La Suisse a atteint la limite inférieure basse de ses taux d’intérêt. D’autres banques centrales vont-elles la suivre ?

Il est certes trop tôt pour comprendre pleinement l’impact du COVID-19 sur les économies à travers la planète, mais une chose est sûre : le coup porté à l’activité économique va être énorme à court terme dans la mesure où des pans entiers de l’économie ont purement et simplement été mis à l’arrêt. Ayant fait l’expérience le mois dernier de l’une des correction les plus sévères de l’histoire, les marchés financiers ont repris un peu confiance. Les investisseurs ont salué les réponses énergiques et coordonnées apportées par les responsables politiques à travers le monde. Les grandes banques centrales ont musclé leurs programmes, utilisant l’ensemble de leurs outils non conventionnels pour faire en sorte que les marchés continuent de fonctionner. La semaine dernière, la Fed est allée au-delà de tout ce qu’une banque centrale avait pu réaliser auparavant. Elle a en effet ouvert son univers de titres à l’achat pour y inclure des fonds indiciels cotés en bourse (ETF) investis en obligations à haut rendement élevé, ainsi que des « anges déchus ». Cela va sans doute rassurer les investisseurs en obligations à haut rendement et redonner des couleurs au segment de notation BBB du marché « investment grade ».

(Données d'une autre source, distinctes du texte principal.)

-- ===== src/Paths/Tests.antt =====
-- The two path functions at a node without tools.
use package.text.Mathlib.TextEquality.{eq_iff}
use ieum_agent.Base.{String, ◌≡◌, ◌≢◌, refl, ap, string_eq, arith}
use ieum_agent.Base.Dict.{lookup, insert}
use ieum_agent.Value.{Value, text, list, dict, nil, cons, end, entry}
use ieum_agent.Value.Text.{split, is_digits, number}
use ieum_agent.Paths.{parse, stored, int_key, failed, get_by_path, set_by_path}
use ieum_agent.Paths.ReadWrite.{object_of, get-set_by_path}
use ieum_agent.Paths.Frame.{apart, along, get-set_by_path_ne}

abbrev node : Value
node = dict (entry "config" (dict (entry "prompt" (text "hi") end)) end)

abbrev with_catalog : Value
with_catalog = dict (
    entry "config"
      (dict (
        entry "prompt" (text "hi") (
          entry "tools"
            (list (cons (dict (entry "config" (dict (entry "url" (text "u") end)) end)) nil)) end)))
      end)

set_url : set_by_path node "config.tools.0.config.url" (text "u") ≡ stored with_catalog
unfolding set_by_path lookup insert string_eq split is_digits number
set_url = refl

-- an index into a dict, and a step through a list that is filled with dicts first
into_dict :
    set_by_path (dict (entry "a" (text "1") end)) "0" (text "v")
    ≡ int_key (dict (entry "a" (text "1") end))
unfolding set_by_path is_digits number split
into_dict = refl

into_short_dict : set_by_path (dict (entry "a" (text "1") end)) "1" (text "v") ≡ failed
unfolding set_by_path is_digits number split
into_short_dict = refl

filled_with_dicts : set_by_path (dict end) "a.0.0" (text "v") ≡ failed
unfolding set_by_path is_digits number split lookup
filled_with_dicts = refl

get-set_by_path_example : get_by_path with_catalog "config.tools.0.config.url" ≡ text "u"
unfolding set_by_path lookup insert string_eq split is_digits number
get-set_by_path_example =
    get-set_by_path node with_catalog "config.tools.0.config.url" (text "u") (ap object_of set_url)

tools_not_prompt : ◌≢◌ {A = String} "tools" "prompt"
tools_not_prompt = ground (arith, eq_iff "tools" "prompt")

get-set_by_path_ne_example :
    get_by_path with_catalog "config.prompt" ≡ get_by_path node "config.prompt"
unfolding parse split is_digits number
get-set_by_path_ne_example =
    get-set_by_path_ne node with_catalog "config.tools.0.config.url" "config.prompt" (text "u")
      (along (apart tools_not_prompt)) (ap object_of set_url)
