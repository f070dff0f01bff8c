-- ===== src/Search/Tests.antt =====
-- The search at a small graph with a cycle and a node apart.
use ieum_agent.Base.{◌≡◌, ◌↔◌, refl, true, List, [], ◌∷◌, contains, string_eq}
use ieum_agent.Search.{Edge, reached, targets, extend}
use ieum_agent.Search.Reaches.{Reaches}
use ieum_agent.Search.Sound.{reached_iff}

abbrev loop : List Edge
loop = ("a", "b") ∷ ("b", "c") ∷ ("c", "b") ∷ ("d", "a") ∷ []

reached-loop : reached loop ("a" ∷ []) ≡ "c" ∷ "b" ∷ "a" ∷ []
unfolding reached targets extend string_eq
reached-loop = refl

reached_iff_example : (contains (reached loop ("a" ∷ [])) "d" ≡ true) ↔ Reaches loop "a" "d"
reached_iff_example = reached_iff loop "a" "d"
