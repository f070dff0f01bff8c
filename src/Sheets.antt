-- ===== src/Sheets.antt =====
-- tools/google_sheets.py: the columns and the rows of a worksheet.
pub mod Columns
pub mod Rows
mod Tests
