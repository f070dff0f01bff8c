-- ===== src/Sheets/Columns.antt =====
-- Columns by their letters and by their headers.
pub mod Letters
pub mod Resolved
use Prim.Native.Char.{code}
use Prim.Native.String
use Prim.Native.String.{[], ◌∷◌}
use ieum_agent.Base.{
  ℕ, zero, suc, ◌+◌, ◌-◌, ◌*◌, ◌/◌, ◌%◌, String, Bool, true, false, not, ◌&&◌, ◌||◌, Option, none,
  some, List, ◌==◌, string_eq, if◌then◌else◌, eqb, leb, ltb, all, any, length, map, get_elem?,
}
use ieum_agent.Base.Result.{Result, ok, err, ◌>>=◌}
use ieum_agent.Value.{Value, null}
use ieum_agent.Value.Text.{◌<>◌, codes, drop_text, is_blank, is_space, starts_with}
use ieum_agent.Notion.Values.{Python, to_text}

-- Each round takes at least one off `i`, so `i` rounds are enough. Letters are given by their codes.
unfoldable pub col_from : ℕ → ℕ → List ℕ → List ℕ
col_from zero i letters = letters
col_from (suc fuel) i letters =
    let longer = col_from fuel ((i - 1) / 26) (List.◌∷◌ (65 + (i - 1) % 26) letters) in
    if eqb i 0 then letters else longer

-- `_col`
unfoldable pub col : ℕ → List ℕ
unfolding col_from
col i = col_from (i + 1) (i + 1) List.[]

unfoldable pub index_from : ℕ → List ℕ → ℕ
index_from n List.[] = n
index_from n (List.◌∷◌ c cs) = index_from (n * 26 + c - 64) cs

-- `_col_index` of at least one letter
unfoldable pub col_index : List ℕ → ℕ
unfolding index_from
col_index letters = index_from 0 letters - 1

abbrev pub is_letter : ℕ → Bool
is_letter c = leb b'A' c && leb c b'Z'

abbrev pub is_letters : List ℕ → Bool
is_letters cs = all is_letter cs && leb 1 (length cs) && leb (length cs) 3

abbrev is_header_blank : ℕ → Bool
is_header_blank c = is_space c && not (eqb c 133 || eqb c 160 || eqb c 8199 || eqb c 8239)

-- `""` for a header that is blank
abbrev header_of : String.String → String.String
header_of s = if all is_header_blank (codes s) then "" else s

abbrev is_nil : List String.String → Bool
is_nil List.[] = true
is_nil (List.◌∷◌ s ss) = false

-- `while headers and headers[-1] == "": headers.pop()`
unfoldable pub trim : List String.String → List String.String
trim List.[] = List.[]
trim (List.◌∷◌ h hs) =
    let rest = trim hs in if h == "" && is_nil rest then List.[] else List.◌∷◌ h rest

abbrev pub repeat {ℓ} : {A : Type ℓ} → ℕ → A → List A
repeat zero a = List.[]
repeat (suc n) a = List.◌∷◌ a (repeat n a)

abbrev or_blank : ℕ → List String.String → List String.String
or_blank column_count List.[] = repeat (if ltb column_count 26 then column_count else 26) ""
or_blank column_count (List.◌∷◌ h hs) = List.◌∷◌ h hs

-- `_header_range`
unfoldable pub header_range : Python → List Value → ℕ → List String.String
unfolding codes trim
header_range py first_row column_count =
    or_blank column_count (trim (map (λ v. header_of (to_text py v)) first_row))

pub data SheetError : Type 0 where
  no_column ambiguous unknown_column given_twice nothing : SheetError

abbrev pub occurrences : String.String → List String.String → ℕ
occurrences s List.[] = 0
occurrences s (List.◌∷◌ h hs) = (if s == h then 1 else 0) + occurrences s hs

abbrev pub position : String.String → List String.String → ℕ
position s List.[] = 0
position s (List.◌∷◌ h hs) = if s == h then 0 else suc (position s hs)

-- `key.replace("%2E", ".")`; each round takes at least one character
unfoldable pub unescape_from : ℕ → String.String → String.String
unescape_from zero s = s
unescape_from (suc fuel) [] = ""
unescape_from (suc fuel) (c ∷ s) = elim (starts_with (c ∷ s) "%2E") [
  | true ↦ "." <> unescape_from fuel (drop_text 2 s)
  | false ↦ c ∷ unescape_from fuel s
]

unfoldable pub unescape : String.String → String.String
unfolding unescape_from codes starts_with
unescape s = unescape_from (length (codes s)) s

-- the column of a header that stands once, and else what comes next
abbrev pub by_name : String.String → List String.String → Result SheetError ℕ → Result SheetError ℕ
by_name name headers next =
    if eqb (occurrences name headers) 1
    then ok (position name headers)
    else if eqb (occurrences name headers) 0
    then next
    else err ambiguous

abbrev pub resolve_text : String.String → List String.String → Result SheetError ℕ
resolve_text key headers =
    if is_blank key
    then err no_column
    else if is_letters (codes key) && ltb (col_index (codes key)) (length headers)
    then ok (col_index (codes key))
    else by_name key headers (by_name (unescape key) headers (err unknown_column))

-- `_resolve`
unfoldable pub resolve : Python → Value → List String.String → Result SheetError ℕ
unfolding is_blank codes col_index unescape
resolve py null headers = err no_column
resolve py v headers = resolve_text (to_text py v) headers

Nous avons également assisté à une réponse monétaire conventionnelle des banquiers centraux sous la forme de baisse de taux directeurs. Mais il est intéressant de noter que ces actions ont été très différentes dans les pays développés. Nous pouvons constater dans les faits deux types de réponses : celle apportée dans les zones économiques à taux positifs d’une part, et celle où prévalent des taux directeurs nuls ou négatifs d’autre part. Le graphique ci-dessous présente l’évolution des taux directeurs de huit banques centrales depuis le début de 2019. Alors que de fortes baisses de taux ont rapidement été décidées lorsque le virus a commencé à se propager aux régions dotées de taux d’intérêt positifs, les banques centrales des zones à taux nuls ou négatifs (lignes pointillées) se sont abstenues de toute nouvelle réduction. Cette divergence est apparue alors que l’ensemble de ces pays doivent se préparer à de graves récessions économiques.

Parmi les nations ayant refusé d’abaisser ses taux, la Suisse figure parmi les pays les plus durement touchés par le virus, son taux d’infection par habitant dépassant même celui de l’Italie. Le taux directeur de la communauté helvétique est fixé à -0,75 %, soit le niveau le plus bas à l’échelle de la planète. Pendant longtemps, la Banque nationale suisse (BNS) avait l’habitude d’intervenir dans le sillage de la BCE afin de maintenir le taux de change EUR/CHF au sein d’une fourchette étroite. Ce point est important étant donné que les deux tiers des exportations suisses sont destinées à l’UE. Toutefois, en septembre 2019, la BNS a modifié sa stratégie. Alors que la BCE avait abaissé ses taux à cette date, la BNS ne lui a pas emboîté le pas, alors même qu’elle annonçait lors de la même réunion réduire de moitié ses prévisions de croissance, de 1,5 % à 0,75 %. Cette réunion a peut-être marqué un virage dans la stratégie de la BNS, celle-ci reconnaissant implicitement que les effets secondaires des taux négatifs, qui fragilisent les profits des banques et le système de retraites, avaient commencé à l’emporter sur les avantages.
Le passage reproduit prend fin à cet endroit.